Scan the data below and pick out the lines containing the word "same".

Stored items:
—————

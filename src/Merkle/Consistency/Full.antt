-- ===== src/Merkle/Consistency/Full.antt =====
-- The heads of a subtree with 2 ^ j leaves that has leaves of the new tree to its right, and in
-- which the old tree ends.
use blindrange.Prelude.{
  ℕ, zero, suc, ◌+◌, ◌-◌, ◌*◌, ◌/◌, ◌%◌, ◌^◌, ◌≤◌, ◌<◌, ◌≡◌, ◌==◌, refl, sym, ap, ap₂, ◌∙◌, List,
  [], ◌∷◌, leb, true, false, some, Bool-cases, inl, inr, length, take, drop, take-take, drop-take,
  take_all, length-take, arith, two_pow_pos, two_pow_suc, two_pow_lt, lt-two_pow,
}
use blindrange.Merkle.{Bytes, split, node_hash, root}
use blindrange.Merkle.Split.{split_lem, split-two_pow}
use blindrange.Merkle.Root.{halves, root-split}
use blindrange.Merkle.Consistency.{Heads, rebuild, rebuild_from, subproof}
use blindrange.Merkle.Consistency.Subproof.{subproof-whole, subproof-left, subproof-right}
use blindrange.Merkle.Consistency.Levels.{
  down, down_ge, strip_full, both_at, rebuild_from-append, step_left, step_right,
}

-- The largest power of two below a number is that below any smaller number above it.
split_below : (m n : ℕ) → 2 ≤ n → split n < m → m ≤ n → split m ≡ split n
split_below m n two low high =
    let (i, e, p, q) = split_lem n two in
    let (j, e', p', q') = split_lem m (omega (arith, low, e, two_pow_pos i)) in
    let a : i < suc j = two_pow_lt i (suc j) (omega (arith, low, e, q', two_pow_suc j)) in
    let b : j < suc i = two_pow_lt j (suc i) (omega (arith, high, p', q, two_pow_suc i)) in
    let same : j ≡ i = omega (arith, a, b) in e' ∙ ap (λ (t : ℕ). 2 ^ t) same ∙ sym e

module _ (sha256 : Bytes → Bytes) where
  abbrev pub old_path : List Bytes → ℕ → List Bytes
  old_path xs m = subproof sha256 xs m false

  module _ (xs : List Bytes) (m : ℕ) (one : 1 ≤ m) (less : m < length xs) where
    abbrev k : ℕ
    k = split (length xs)

    two : 2 ≤ length xs
    two = omega (arith, one, less)

    -- The head of the first `m` leaves, when these go past the first half.
    root-past :
        leb m k ≡ false
        → root sha256 (take m xs)
          ≡ node_hash sha256 (root sha256 (take k xs)) (root sha256 (take (m - k) (drop k xs)))
    root-past there =
        let (l, r, pos, short) = halves xs two in
        let past : k < m = ground (arith, there) in
        let len : length (take m xs) ≡ m = omega (arith, length-take m xs, less) in
        let same : split (length (take m xs)) ≡ k =
          ap split len ∙ split_below m (length xs) two past (omega (arith, less)) in
        root-split sha256 (take m xs) (omega (arith, len, pos, past))
        ∙ ap₂ (λ a b. node_hash sha256 (root sha256 a) (root sha256 b))
            (ap (λ (t : ℕ). take t (take m xs)) same ∙ take-take k m xs (omega (arith, past)))
            (ap (λ (t : ℕ). drop t (take m xs)) same ∙ drop-take k m xs)

    -- From the half of a tree in which the old tree ends to the whole tree.
    pub heads_left :
        (old new q s : ℕ)
        → leb m k ≡ true
        → rebuild_from sha256 old new (old_path (take k xs) m)
          ≡ some (both_at (root sha256 (take m (take k xs))) (root sha256 (take k xs)) (2 * q) s)
        → 2 * q < s
        → rebuild_from sha256 old new (old_path xs m)
          ≡ some (both_at (root sha256 (take m xs)) (root sha256 xs) q (s / 2))
    heads_left old new q s here e p = rw (subproof-left sha256 xs m false one less here) (
        rebuild_from-append sha256 old new _ _ e
        ∙ step_left sha256 _ _ (root sha256 (drop k xs)) q s p
        ∙ ap₂ (λ a b. some (both_at a b q (s / 2)))
            (ap (root sha256) (take-take m k xs (ground (arith, here))))
            (sym (root-split sha256 xs two)))

    pub heads_right :
        (old new q : ℕ) (mid : Heads) (q' s' : ℕ)
        → leb m k ≡ false
        → rebuild_from sha256 old new (old_path (drop k xs) (m - k)) ≡ some mid
        → rebuild sha256 mid (root sha256 (take k xs) ∷ [])
          ≡ some (
              both_at
                (node_hash sha256
                  (root sha256 (take k xs))
                  (root sha256 (take (m - k) (drop k xs))))
                (node_hash sha256 (root sha256 (take k xs)) (root sha256 (drop k xs)))
                q'
                s')
        → rebuild_from sha256 old new (old_path xs m)
          ≡ some (both_at (root sha256 (take m xs)) (root sha256 xs) q' s')
    heads_right old new q mid q' s' there e last =
        rw (subproof-right sha256 xs m false one less there) (
          rebuild_from-append sha256 old new _ _ e
          ∙ last
          ∙ ap₂ (λ a b. some (both_at a b q' s')) (sym (root-past there))
              (sym (root-split sha256 xs two)))

  -- The old tree takes the whole subtree only where the subtree is a left child.
  abbrev pub Full : ℕ → Type 0
  Full j =
      (xs : List Bytes) (m q old new : ℕ)
      → length xs ≡ 2 ^ j
      → 1 ≤ m
      → m ≤ 2 ^ j
      → (m ≡ 2 ^ j → q % 2 ≡ 0)
      → old ≡ q * 2 ^ j + m
      → (q + 1) * 2 ^ j < new
      → rebuild_from sha256 old new (old_path xs m)
        ≡ some (both_at (root sha256 (take m xs)) (root sha256 xs) q (down j (new - 1)))

  all_old :
      (j : ℕ) (xs : List Bytes) (m q old new : ℕ)
      → length xs ≡ 2 ^ j
      → m ≡ 2 ^ j
      → q % 2 ≡ 0
      → old ≡ q * 2 ^ j + m
      → rebuild_from sha256 old new (old_path xs m)
        ≡ some (both_at (root sha256 (take m xs)) (root sha256 xs) q (down j (new - 1)))
  unfolding rebuild_from rebuild
  all_old j xs m q old new len e even at =
      let p = q / 2 in
      let q' : 2 * p ≡ q = omega (arith, even) in
      let last : suc (old - 1) ≡ (2 * p + 1) * 2 ^ j =
        omega (arith, at, e, two_pow_pos j, ap (λ (t : ℕ). t * 2 ^ j) q') in
      let fuel : j ≤ old = omega (arith, at, e, lt-two_pow j) in
      rw
        (
          subproof-whole sha256 xs m false (omega (arith, e, len)),
          strip_full j old p (old - 1) (new - 1) fuel last,
          q',
          take_all m xs (omega (arith, e, len)),
        )
        refl

  pub full : (j : ℕ) → Full j
  unfolding down
  full zero xs m q old new len one le even at room =
      let e : m ≡ 2 ^ 0 = omega (arith, one, le) in all_old 0 xs m q old new len e (even e) at
  full (suc j) xs m q old new len one le even at room = elim (Bool-cases (m == 2 ^ suc j)) [
    | inl same ↦
        let e : m ≡ 2 ^ suc j = ground (arith, same) in
        all_old (suc j) xs m q old new len e (even e) at
    | inr other ↦
        let p = two_pow_suc j in
        let pos = two_pow_pos j in
        let twice : q * 2 ^ suc j ≡ q * (2 * 2 ^ j) = ap (λ (t : ℕ). q * t) p in
        let sp : split (length xs) ≡ 2 ^ j = ap split len ∙ split-two_pow j in
        let less : m < length xs = ground (arith, other, le, len) in
        let (l, r, _, short) = halves xs (omega (arith, one, less)) in
        let k = split (length xs) in
        elim (Bool-cases (leb m k)) [
          | inl here ↦
              heads_left xs m one less old new q (down j (new - 1)) here
                (full j (take k xs) m (2 * q) old new (omega (arith, l, sp)) one
                  (ground (arith, here, sp)) (λ _. omega arith) (omega (arith, at, twice))
                  (omega (arith, room, twice, p, pos)))
                (omega
                  (arith, down_ge j (2 * q + 1) (new - 1) (omega (arith, room, twice, p, pos))))
          | inr there ↦
              let past : k < m = ground (arith, there) in
              let above = down_ge j (2 * q + 1) (new - 1) (omega (arith, room, twice, p, pos)) in
              heads_right xs m one less old new q
                (both_at (root sha256 (take (m - k) (drop k xs))) (root sha256 (drop k xs))
                  (2 * q + 1) (down j (new - 1)))
                q (down j (new - 1) / 2) there
                (full j (drop k xs) (m - k) (2 * q + 1) old new (omega (arith, r, sp, len, p))
                  (omega (arith, past)) (omega (arith, le, sp, p))
                  (λ e. absurd (omega (arith, e, sp, less, len, p)))
                  (omega (arith, at, twice, sp, past)) (omega (arith, room, twice, p)))
                (step_right sha256 _ _ (root sha256 (take k xs)) q (down j (new - 1))
                  (omega (arith, above)))
        ]
  ]
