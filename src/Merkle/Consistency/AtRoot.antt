-- ===== src/Merkle/Consistency/AtRoot.antt =====
-- What `_subproof` leaves out when it is called at the root.
use blindrange.Prelude.{
  ℕ, zero, suc, ◌^◌, ◌≤◌, ◌<◌, ◌≡◌, ◌==◌, refl, List, ◌∷◌, leb, true, false, Bool-cases, inl, inr,
  length, take, take-take, take_all, arith, two_pow_pos, two_pow_suc, two_pow_mono, two_pow_lt,
}
use blindrange.Merkle.{Bytes, split, root}
use blindrange.Merkle.Split.{split_lem}
use blindrange.Merkle.Root.{halves}
use blindrange.Merkle.Consistency.{subproof}
use blindrange.Merkle.Consistency.Subproof.{subproof-whole, subproof-left, subproof-right}
use blindrange.Merkle.Consistency.Full.{old_path}

module _ (sha256 : Bytes → Bytes) where
  -- At the root `_subproof` leaves out the old head, which is where its path starts if the old tree
  -- has 2 ^ i leaves.
  pub at_root_power :
      (f : ℕ) (xs : List Bytes) (i : ℕ)
      → length xs ≤ f
      → 2 ^ i ≤ length xs
      → old_path sha256 xs (2 ^ i) ≡ root sha256 (take (2 ^ i) xs) ∷ subproof sha256 xs (2 ^ i) true
  at_root_power zero xs i p le = absurd (omega (arith, two_pow_pos i))
  at_root_power (suc f) xs i p le = elim (Bool-cases (2 ^ i == length xs)) [
    | inl same ↦
        let e : 2 ^ i ≡ length xs = ground (arith, same) in
        rw
          (
            subproof-whole sha256 xs (2 ^ i) false e,
            subproof-whole sha256 xs (2 ^ i) true e,
            take_all (2 ^ i) xs e,
          )
          refl
    | inr other ↦
        let less : 2 ^ i < length xs = ground (arith, other, le) in
        let one : 1 ≤ 2 ^ i = omega (arith, two_pow_pos i) in
        let (j, sp, low, high) = split_lem (length xs) (omega (arith, one, less)) in
        let (l, _, _, short) = halves xs (omega (arith, one, less)) in
        let k = split (length xs) in
        let below : i < suc j = two_pow_lt i (suc j) (omega (arith, less, high, two_pow_suc j)) in
        let most = two_pow_mono i j (omega (arith, below)) in
        let here : leb (2 ^ i) k ≡ true = ground (arith, most, sp) in
        rw
          (
            subproof-left sha256 xs (2 ^ i) false one less here,
            subproof-left sha256 xs (2 ^ i) true one less here,
            at_root_power f (take k xs) i (omega (arith, l, short, p)) (omega (arith, l, most, sp)),
            take-take (2 ^ i) k xs (omega (arith, most, sp)),
          )
          refl
  ]

  pub at_root_other :
      (f : ℕ) (xs : List Bytes) (m : ℕ)
      → length xs ≤ f
      → 1 ≤ m
      → m < length xs
      → ((i : ℕ) → m ≡ 2 ^ i → ⊥)
      → subproof sha256 xs m true ≡ old_path sha256 xs m
  at_root_other zero xs m p one less odd = absurd (omega arith)
  at_root_other (suc f) xs m p one less odd =
      let (j, sp, low, high) = split_lem (length xs) (omega (arith, one, less)) in
      let (l, _, _, short) = halves xs (omega (arith, one, less)) in
      let k = split (length xs) in
      elim (Bool-cases (leb m k)) [
        | inl here ↦ elim (Bool-cases (m == k)) [
          | inl same ↦ absurd (odd j (ground (arith, same, sp)))
          | inr other ↦
              rw
                (
                  subproof-left sha256 xs m false one less here,
                  subproof-left sha256 xs m true one less here,
                  at_root_other f (take k xs) m (omega (arith, l, short, p)) one
                      (ground (arith, l, here, other)) odd,
                )
                refl
        ]
        | inr there ↦
            rw
              (
                subproof-right sha256 xs m false one less there,
                subproof-right sha256 xs m true one less there,
              )
              refl
      ]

—————

_WRITTEN RESPONSE_
    let same : j ≡ i = omega (arith, a, b) in e' ∙ ap (λ (t : ℕ). 2 ^ t) same ∙ sym e
        let same : split (length (take m xs)) ≡ k =
            (ap (λ (t : ℕ). take t (take m xs)) same ∙ take-take k m xs (omega (arith, past)))
            (ap (λ (t : ℕ). drop t (take m xs)) same ∙ drop-take k m xs)
    | inl same ↦
        let e : m ≡ 2 ^ suc j = ground (arith, same) in
    | inl same ↦
        let e : 2 ^ i ≡ length xs = ground (arith, same) in
          | inl same ↦ absurd (odd j (ground (arith, same, sp)))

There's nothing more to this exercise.